#### Your assignment:
Retype each entry exactly.

#### Given records:
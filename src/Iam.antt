-- ===== src/Iam.antt =====
-- app/iam/service/internal: the identity service, its tables, its sessions and its OpenID storage.
pub mod Schema
pub mod Store
pub mod Oidc
pub mod Login
pub mod Account
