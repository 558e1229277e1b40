-- ===== src/Iam/Account.antt =====
-- The accounts of the identity service: Users are the rows of users with their identifiers and
-- passwords, Tokens the tokens of verification and reset, Usecase the life of an account, Login the
-- login by password, Admin the administration of users. Services is what they take from outside.
pub mod Services
pub mod Users
pub mod Tokens
pub mod Usecase
pub mod Login
pub mod Admin
pub mod Calls
pub mod Reads
pub mod Frame
pub mod Steps
pub mod Spent
pub mod Verification
pub mod Recovery
pub mod Reset
pub mod SingleReset
pub mod Found
pub mod Status
pub mod Moving
pub mod Life
pub mod Disabling
pub mod Etags
pub mod Creation
pub mod Opening
pub mod Entry
mod Tests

#### Expected answer:
filename src/Iam.antt
-- ===== src/Iam.antt =====
-- app/iam/service/internal: the identity service, its tables, its sessions and its OpenID storage.
pub mod Schema
pub mod Store
pub mod Oidc
pub mod Login
pub mod Account
repository 558e1229277e1b40
-- ===== src/Iam/Account.antt =====
-- The accounts of the identity service: Users are the rows of users with their identifiers and
-- passwords, Tokens the tokens of verification and reset, Usecase the life of an account, Login the
-- login by password, Admin the administration of users. Services is what they take from outside.
pub mod Services
pub mod Users
pub mod Tokens
pub mod Usecase
pub mod Login
pub mod Admin
pub mod Calls
pub mod Reads
pub mod Frame
pub mod Steps
pub mod Spent
pub mod Verification
pub mod Recovery
pub mod Reset
pub mod SingleReset
pub mod Found
pub mod Status
pub mod Moving
pub mod Life
pub mod Disabling
pub mod Etags
pub mod Creation
pub mod Opening
pub mod Entry
mod Tests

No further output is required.